-- ===== src/Queue.antt =====
-- Queue.h: a queue of bounded size on doubly linked nodes that are allocated once. A pointer to a node
-- is its place in the block m_memblock, the null pointer is `none`. The mutex is held during each
-- operation; a wait on a condition is an outcome of the operation.
pub mod Nodes
pub mod Segments
pub mod Chains
pub mod Removal
pub mod Fifo
pub mod Runs
pub mod Blocks
use openbookfs.Prelude.{ℕ, zero, suc, Option, none, some}
use openbookfs.Queue.Nodes.{Node, Heap, Ends, no_nodes, write, insert_after, push_back, pop_front}

pub record Queue (T : Type 0) : Type 0 where
  pub memblock : Heap T
  pub free : Ends
  pub items : Ends

-- What an operation comes to: it ends, or waits on the condition m_notFull or m_notEmpty.
pub data Inserted (T : Type 0) : Type 0 where
  inserted : Queue T → Inserted T
  full : Inserted T

pub data Extracted (T : Type 0) : Type 0 where
  extracted : T → Queue T → Extracted T
  empty : Extracted T

module _ {T : Type 0} where
  -- The loop of the constructor: node i is put after the last one, for i from 1 to the size.
  unfoldable pub chain_nodes : ℕ → Ends × Heap T → Ends × Heap T
  chain_nodes zero s = s
  chain_nodes (suc n) s =
      let before = chain_nodes n s in
      (record { first = before.0.first; last = some (suc n) }, insert_after (suc n) n before.1)

  -- The constructor. The block has `suc n` nodes.
  unfoldable pub create : T → ℕ → Queue T
  create blank n =
      let chained = chain_nodes n (
        record { first = some 0; last = some 0 },
        λ i. record { datum = blank; next = none; prev = none },
      ) in
      record { memblock = chained.1; free = chained.0; items = no_nodes }

  abbrev pub put : T → Queue T → ℕ → Ends → Heap T → Queue T
  put x q n free h =
      let after =
        push_back n q.items
          (write h n (record { datum = x; next = (h n).next; prev = (h n).prev })) in
      record { memblock = after.1; free = free; items = after.0 }

  -- insert, until it ends or waits; when it is woken and takes the mutex again, it allocates once more.
  unfoldable pub insert : T → Queue T → Inserted T
  insert x q = elim (pop_front q.free q.memblock) [
    | none ↦ full
    | some a ↦ inserted (put x q a.0 a.1 a.2)
  ]

  abbrev pub give_back : Queue T → ℕ → Ends → Heap T → Extracted T
  give_back q n items h =
      let after = push_back n q.free h in
      extracted (h n).datum (record { memblock = after.1; free = after.0; items = items })

  -- extract, until it ends or waits
  unfoldable pub extract : Queue T → Extracted T
  extract q = elim (pop_front q.items q.memblock) [
    | none ↦ empty
    | some a ↦ give_back q a.0 a.1 a.2
  ]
--------
◆ **Exercise aim**
For this exercise, output exactly the lines above from the line with "pub record Queue (T : Type 0) : Type 0 where" to the line with "-- The constructor.", counting both, and leave out the rest.

◆ **Answer below**
pub record Queue (T : Type 0) : Type 0 where
  pub memblock : Heap T
  pub free : Ends
  pub items : Ends

-- What an operation comes to: it ends, or waits on the condition m_notFull or m_notEmpty.
pub data Inserted (T : Type 0) : Type 0 where
  inserted : Queue T → Inserted T
  full : Inserted T

pub data Extracted (T : Type 0) : Type 0 where
  extracted : T → Queue T → Extracted T
  empty : Extracted T

module _ {T : Type 0} where
  -- The loop of the constructor: node i is put after the last one, for i from 1 to the size.
  unfoldable pub chain_nodes : ℕ → Ends × Heap T → Ends × Heap T
  chain_nodes zero s = s
  chain_nodes (suc n) s =
      let before = chain_nodes n s in
      (record { first = before.0.first; last = some (suc n) }, insert_after (suc n) n before.1)

  -- The constructor. The block has `suc n` nodes.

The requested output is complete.